Items from a dataset:
- Opening Delimiter -

-- ===== src/Harness/Turn.antt =====
-- src/harness/loop.ts: one round of the loop of `runHarness`: the agent's step, its actions, the gates.
pub mod Steps
pub mod Closing
pub mod Gates
use loomctl.Base.{
  ℕ, zero, suc, ◌+◌, Bool, true, false, not, ◌&&◌, ◌||◌, String, Option, none, some, List, [], ◌∷◌,
  ◌++◌, if◌then◌else◌, length,
}
use loomctl.Base.Texts.{is_blank, show}
use Prim.Native.String.{◌++◌ as ◌+++◌}
use loomctl.Harness.Events.{
  ToolInput, ToolAction, ToolObservation, VerificationResult, HarnessStatus, passed, failed,
  review_required, deployment_required, cancelled,
}
use loomctl.Harness.Executor.{
  Failure, Attempt, done, threw, Io, ◌>>=◌, ◌>>◌, return, WorkspaceExecutor, throw_if_aborted,
}
use loomctl.Harness.Tools.{effective_allowed_tools, run_verification, execute}
use loomctl.Harness.Run.{
  Requester, PauseRequest, Phase, workspace_prepare, agent_next, tool_action, tool_observation,
  max_iterations, RunError, Emitted, Event, user_message, run_metadata, run_policy, prepare_started,
  prepare_passed, emitted, assistant_message, action, observation, verified, evaluated, reviewed,
  review_gate, deployment_gate, pause, cancel, finish, Run, Summary, append, enter, at_iteration,
  outside, close, assistant_message_count,
}
use loomctl.Harness.Options.{ProposedAction, AgentStep, RunHarnessOptions, anonymous, or_else}

module _ {W : Type 0} (executor : WorkspaceExecutor W) (options : RunHarnessOptions W) where
  -- `throwIfAborted(options.signal)` in the loop.
  abbrev pub guard_abort : Io (Run W) (Unit {0})
  guard_abort = outside (throw_if_aborted executor)

  -- `options.agent.next`, with `emitEvent`.
  emit : List Emitted → List Event
  emit [] = []
  emit (e ∷ es) = emitted e ∷ emit es

  answered : Run W → List Emitted × Attempt AgentStep W → Attempt AgentStep (Run W)
  answered s (es, done step w) = done step (record s { log = s.log ++ emit es; world = w })
  answered s (es, threw e w) = threw e (record s { log = s.log ++ emit es; world = w })

  pub ask_agent : Io (Run W) AgentStep
  ask_agent s = answered s (options.agent s.log s.world)

  pub asked_to_pause : Io (Run W) (Option PauseRequest)
  asked_to_pause s = outside (options.should_pause s.log) s

  -- `ensureActionId`
  ensure_action_id : ProposedAction → Io W ToolAction
  ensure_action_id a w = elim a.id [
    | some i ↦ done (record { id = i; tool_name = a.tool_name; input = a.input }) w
    | none ↦
        done
          (record {
            id = "act-" +++ (options.next_id w).0;
            tool_name = a.tool_name;
            input = a.input;
          })
          (options.next_id w).1
  ]

  run_action : ProposedAction → Io (Run W) (Unit {0})
  run_action proposed = do
    enter tool_action
    guard_abort
    a ← outside (ensure_action_id proposed)
    append (action a)
    enter tool_observation
    o ←
        outside (
          execute executor (effective_allowed_tools options.allowed_tools) options.verify_commands
            a)
    append (observation o)

  pub run_actions : List ProposedAction → Io (Run W) (Unit {0})
  unfolding run_action
  run_actions [] = return tt
  run_actions (a ∷ rest) = run_action a >> run_actions rest

  -- The three commands of the gate: the phase, the abort check, the verification, its event.
  abbrev pub run_commands_of :
      Phase → List String → (VerificationResult → Event) → Io (Run W) VerificationResult
  run_commands_of p commands event = do
    enter p
    guard_abort
    v ← outside (run_verification executor commands none)
    append (event v)
    return v

  verify : Io (Run W) VerificationResult
  verify = do
    v ← run_commands_of Phase.verification options.verify_commands verified
    λ s. done v (record s { verification = some v })

  -- `if (verification.ok && options.evaluationCommands?.length)`
  evaluate_with : List String → Io (Run W) (Unit {0})
  evaluate_with [] = return tt
  evaluate_with (c ∷ cs) = do
    v ← run_commands_of Phase.evaluation (c ∷ cs) evaluated
    λ s. done tt (record s { evaluation = some v })

  evaluate : Bool → Io (Run W) (Unit {0})
  unfolding evaluate_with
  evaluate false = return tt
  evaluate true = evaluate_with options.evaluation_commands

  review_with : List String → Io (Run W) (Unit {0})
  review_with [] = return tt
  review_with (c ∷ cs) = do
    v ← run_commands_of Phase.reviewer (c ∷ cs) reviewed
    λ s. done tt (record s { reviewer = some v })

  pub review : Bool → Io (Run W) (Unit {0})
  unfolding review_with
  review false = return tt
  review true = review_with options.reviewer_commands

  -- `evaluation?.ok ?? true`
  unfoldable pub evaluation_ok : Option VerificationResult → Bool
  evaluation_ok none = true
  evaluation_ok (some v) = v.ok

  unfoldable pub gate_status : Bool → Bool → Bool → HarnessStatus
  gate_status gate_ok needs_review needs_deployment =
      if gate_ok
      then if needs_review
        then review_required
        else if needs_deployment
        then deployment_required
        else passed
      else failed

  pub append_if : Bool → Event → Io (Run W) (Unit {0})
  append_if true e = append e
  append_if false e = return tt

  conclude : Bool → Io (Run W) Summary
  unfolding append_if
  conclude gate_ok = do
    append_if (gate_ok && options.review_required) review_gate
    append_if (gate_ok && options.deployment_required) deployment_gate
    close (gate_status gate_ok options.review_required options.deployment_required)
        (gate_ok && options.review_required) (gate_ok && options.deployment_required) none

  gate_is_ok : VerificationResult → Io (Run W) Bool
  gate_is_ok v s = done (v.ok && evaluation_ok s.evaluation) s

  -- `if (step.finish)`
  finish_run : Io (Run W) Summary
  unfolding verify evaluate review gate_is_ok conclude
  finish_run = do
    v ← verify
    evaluate v.ok
    gate_ok ← gate_is_ok v
    review gate_ok
    conclude gate_ok

  pause_run : PauseRequest → Io (Run W) Summary
  pause_run request = do
    enter Phase.paused
    append (pause (record request { reason = some (or_else request.reason "run paused") }))
    close HarnessStatus.paused false false none

  finish_if : Bool → Io (Run W) (Option Summary)
  unfolding finish_run
  finish_if false = return none
  finish_if true = finish_run >>= λ s. return (some s)

  take_step : ℕ → AgentStep → Io (Run W) (Option Summary)
  unfolding finish_if run_actions
  take_step n step = do
    append (assistant_message step.message step.plan n (length step.actions) step.finish)
    run_actions step.actions
    finish_if step.finish

  pause_or_step : ℕ → Option PauseRequest → Io (Run W) (Option Summary)
  unfolding pause_run ask_agent take_step
  pause_or_step n (some request) = pause_run request >>= λ s. return (some s)
  pause_or_step n none = ask_agent >>= take_step n

  -- The body of the `for`; `offset` is `iterationOffset`.
  unfoldable pub turn : ℕ → ℕ → Io (Run W) (Option Summary)
  unfolding asked_to_pause pause_or_step emit answered ensure_action_id run_action evaluate_with
      review_with
  turn offset n = do
    at_iteration (some n)
    enter agent_next
    guard_abort
    request ← asked_to_pause
    pause_or_step (offset + n) request
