-- ===== src/Harness/Loop.antt =====
-- src/harness/loop.ts: `runHarness`, the agent loop.
pub mod Closing
pub mod Gates
mod Tests
use loomctl.Base.{
  ℕ, zero, suc, ◌+◌, Bool, true, false, not, ◌&&◌, ◌||◌, String, Option, none, some, List, [], ◌∷◌,
  ◌++◌, if◌then◌else◌, length,
}
use loomctl.Base.Texts.{is_blank, show}
use Prim.Native.String.{◌++◌ as ◌+++◌}
use loomctl.Harness.Events.{
  ToolInput, ToolAction, ToolObservation, VerificationResult, HarnessStatus, passed, failed,
  review_required, deployment_required, cancelled,
}
use loomctl.Harness.Executor.{
  Failure, Attempt, done, threw, Io, ◌>>=◌, ◌>>◌, return, WorkspaceExecutor, throw_if_aborted,
}
use loomctl.Harness.Tools.{effective_allowed_tools, run_verification, execute}
use loomctl.Harness.Run.{
  Requester, PauseRequest, Phase, workspace_prepare, agent_next, tool_action, tool_observation,
  max_iterations, RunError, Emitted, Event, user_message, run_metadata, run_policy, prepare_started,
  prepare_passed, emitted, assistant_message, action, observation, verified, evaluated, reviewed,
  review_gate, deployment_gate, pause, cancel, finish, Run, Summary, append, enter, at_iteration,
  outside, close, assistant_message_count,
}
use loomctl.Harness.Options.{ProposedAction, AgentStep, RunHarnessOptions, anonymous, or_else}
use loomctl.Harness.Turn.{guard_abort, turn}

module _ {W : Type 0} (executor : WorkspaceExecutor W) (options : RunHarnessOptions W) where
  -- The first events, in front of the `try`.
  unfoldable pub opening : Option (List Event) → List Event
  opening (some events) =
      events
      ++ (Event.resume (or_else options.resume_requester (or_else options.requester anonymous))
          ∷ [])
  opening none =
      user_message options.goal (or_else options.requester anonymous) ∷ elim options.metadata [
        | none ↦ run_policy (effective_allowed_tools options.allowed_tools) ∷ []
        | some m ↦ run_metadata m ∷ run_policy (effective_allowed_tools options.allowed_tools) ∷ []
      ]

  pub prepare_workspace : Io (Run W) (Unit {0})
  prepare_workspace = elim executor.prepare [
    | none ↦ return tt
    | some prepare ↦ do
      enter workspace_prepare
      at_iteration none
      append prepare_started
      outside prepare
      append prepare_passed
  ]

  abbrev max_iteration_error : ℕ → RunError
  max_iteration_error m = record {
    message = "maximum iterations reached (" +++ show m +++ ")";
    phase = some max_iterations;
    iteration = none;
    kind = none;
    details = none;
  }

  give_up : ℕ → Io (Run W) Summary
  give_up m = do
    enter max_iterations
    at_iteration none
    append (Event.error (max_iteration_error m))
    close failed false false (some (max_iteration_error m))

  -- The `for`, from iteration `n` on, with `left` of `m` iterations to go.
  or_continue : Io (Run W) Summary → Option Summary → Io (Run W) Summary
  or_continue rest (some s) = return s
  or_continue rest none = rest

  iterate : ℕ → ℕ → ℕ → ℕ → Io (Run W) Summary
  unfolding give_up or_continue
  iterate m offset zero n = give_up m
  iterate m offset (suc left) n =
      turn executor options offset n >>= or_continue (iterate m offset left (suc n))

  -- The `try`.
  body : ℕ → ℕ → Io (Run W) Summary
  unfolding prepare_workspace iterate
  body m offset = do guard_abort executor options; prepare_workspace; iterate m offset m 1

  -- `isCancelled`
  unfoldable pub is_cancelled : Failure → W → Bool
  is_cancelled e w = elim (executor.aborted w) [ some reason ↦ true | none ↦ e.is_abort ]

  -- `runErrorSummary`
  unfoldable pub run_error : Failure → Run W → RunError
  run_error e s = record {
    message = options.scrub e.message;
    phase = s.phase;
    iteration = s.iteration;
    kind = elim e.kind [ none ↦ none | some k ↦ if is_blank k then none else some k ];
    details = e.details;
  }

  -- The `catch`.
  handle : Failure → Io (Run W) Summary
  handle e s =
      if is_cancelled e s.world
      then (append (cancel e.message s.phase s.iteration) >> close cancelled false false none) s
      else (append (Event.error (run_error e s))
            >> close HarnessStatus.error false false (some (run_error e s)))
          s

  settle : Attempt Summary (Run W) → Attempt Summary (Run W)
  unfolding handle
  settle (done summary s) = done summary s
  settle (threw e s) = handle e s

  unfoldable pub starting : W → Run W
  starting w = record {
    world = w;
    log = opening options.resume;
    verification = none;
    evaluation = none;
    reviewer = none;
    phase = none;
    iteration = none;
  }

  -- `?? 20`
  abbrev pub rounds : ℕ
  rounds = or_else options.max_iterations 20

  pub run_harness : W → Attempt Summary (Run W)
  unfolding body settle
  run_harness w =
      settle (body rounds (assistant_message_count (opening options.resume)) (starting w))
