-- ===== src/Harness/Triples.antt =====
-- Reasoning on the calls of the loop: what holds before a call, and after it, thrown or not.
use loomctl.Harness.Executor.{Attempt, done, threw, Io, ◌>>=◌}

module _ {S : Type 0} where
  unfoldable pub Holds : {A : Type 0} → (A → S → Type 0) → (S → Type 0) → Attempt A S → Type 0
  Holds post thrown (done a s) = post a s
  Holds post thrown (threw e s) = thrown s

  -- From any state with `pre`, the call ends in one with `post`, or throws in one with `thrown`.
  pub record Triple {A : Type 0} (pre : S → Type 0) (m : Io S A) (post : A → S → Type 0)
      (thrown : S → Type 0) : Type 0 where
    pub holds : (s : S) → pre s → Holds post thrown (m s)

  bind_held :
      {A B : Type 0} (mid : A → S → Type 0) (post : B → S → Type 0) (thrown : S → Type 0)
      (f : A → Io S B)
      → ((a : A) → Triple (mid a) (f a) post thrown)
      → (r : Attempt A S) → Holds mid thrown r
      → Holds post thrown (elim r [ done a s ↦ f a s | threw e s ↦ threw e s ])
  unfolding Holds
  bind_held mid post thrown f k (done a s) h = (k a).holds s h
  bind_held mid post thrown f k (threw e s) h = h

  pub bind :
      {A B : Type 0} {pre : S → Type 0} {mid : A → S → Type 0} {post : B → S → Type 0}
      {thrown : S → Type 0} {m : Io S A} {f : A → Io S B}
      → Triple pre m mid thrown
      → ((a : A) → Triple (mid a) (f a) post thrown)
      → Triple pre (m >>= f) post thrown
  bind {mid} {post} {thrown} {m} {f} h k = record {
    holds = λ s p. bind_held mid post thrown f k (m s) (h.holds s p);
  }

  weaken_held :
      {A : Type 0} (mid post : A → S → Type 0) (thrown thrown' : S → Type 0)
      → ((a : A) (s : S) → mid a s → post a s)
      → ((s : S) → thrown s → thrown' s)
      → (r : Attempt A S) → Holds mid thrown r
      → Holds post thrown' r
  unfolding Holds
  weaken_held mid post thrown thrown' f g (done a s) q = f a s q
  weaken_held mid post thrown thrown' f g (threw e s) q = g s q

  pub weaken :
      {A : Type 0} {pre : S → Type 0} {mid post : A → S → Type 0} {thrown thrown' : S → Type 0}
      {m : Io S A}
      → ((a : A) (s : S) → mid a s → post a s)
      → ((s : S) → thrown s → thrown' s)
      → Triple pre m mid thrown
      → Triple pre m post thrown'
  weaken {mid} {post} {thrown} {thrown'} {m} f g h = record {
    holds = λ s p. weaken_held mid post thrown thrown' f g (m s) (h.holds s p);
  }

  frame_held :
      {A : Type 0} (P : Type 0) (post : A → S → Type 0) (thrown : S → Type 0)
      → P
      → (r : Attempt A S) → Holds post thrown r
      → Holds (λ a s. P × post a s) thrown r
  unfolding Holds
  frame_held P post thrown p (done a s) q = (p, q)
  frame_held P post thrown p (threw e s) q = q

  -- What has nothing to do with the state stays.
  pub frame :
      {A : Type 0} {P : Type 0} {post : A → S → Type 0} {thrown : S → Type 0} {m : Io S A}
      → Triple (λ _. Unit) m post thrown
      → Triple (λ _. P) m (λ a s. P × post a s) thrown
  frame {P = P} {post = post} {thrown = thrown} {m = m} h = record {
    holds = λ s p. frame_held P post thrown p (m s) (h.holds s tt);
  }

  pub before :
      {A : Type 0} {pre pre' : S → Type 0} {post : A → S → Type 0} {thrown : S → Type 0}
      {m : Io S A}
      → ((s : S) → pre' s → pre s)
      → Triple pre m post thrown
      → Triple pre' m post thrown
  before f h = record { holds = λ s p. h.holds s (f s p) }

  -- A call that only changes the state.
  pub pure :
      {A : Type 0} {pre : S → Type 0} {post : A → S → Type 0} {thrown : S → Type 0} (a : A)
      (f : S → S)
      → ((s : S) → pre s → post a (f s))
      → Triple pre (λ s. done a (f s)) post thrown
  unfolding Holds
  pure a f h = record { holds = λ s p. h s p }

- Closing Delimiter -

▸ Activity: Across the data above, how many lines include the word "ProposedAction"? Give only the count.

▸ Final answer: 5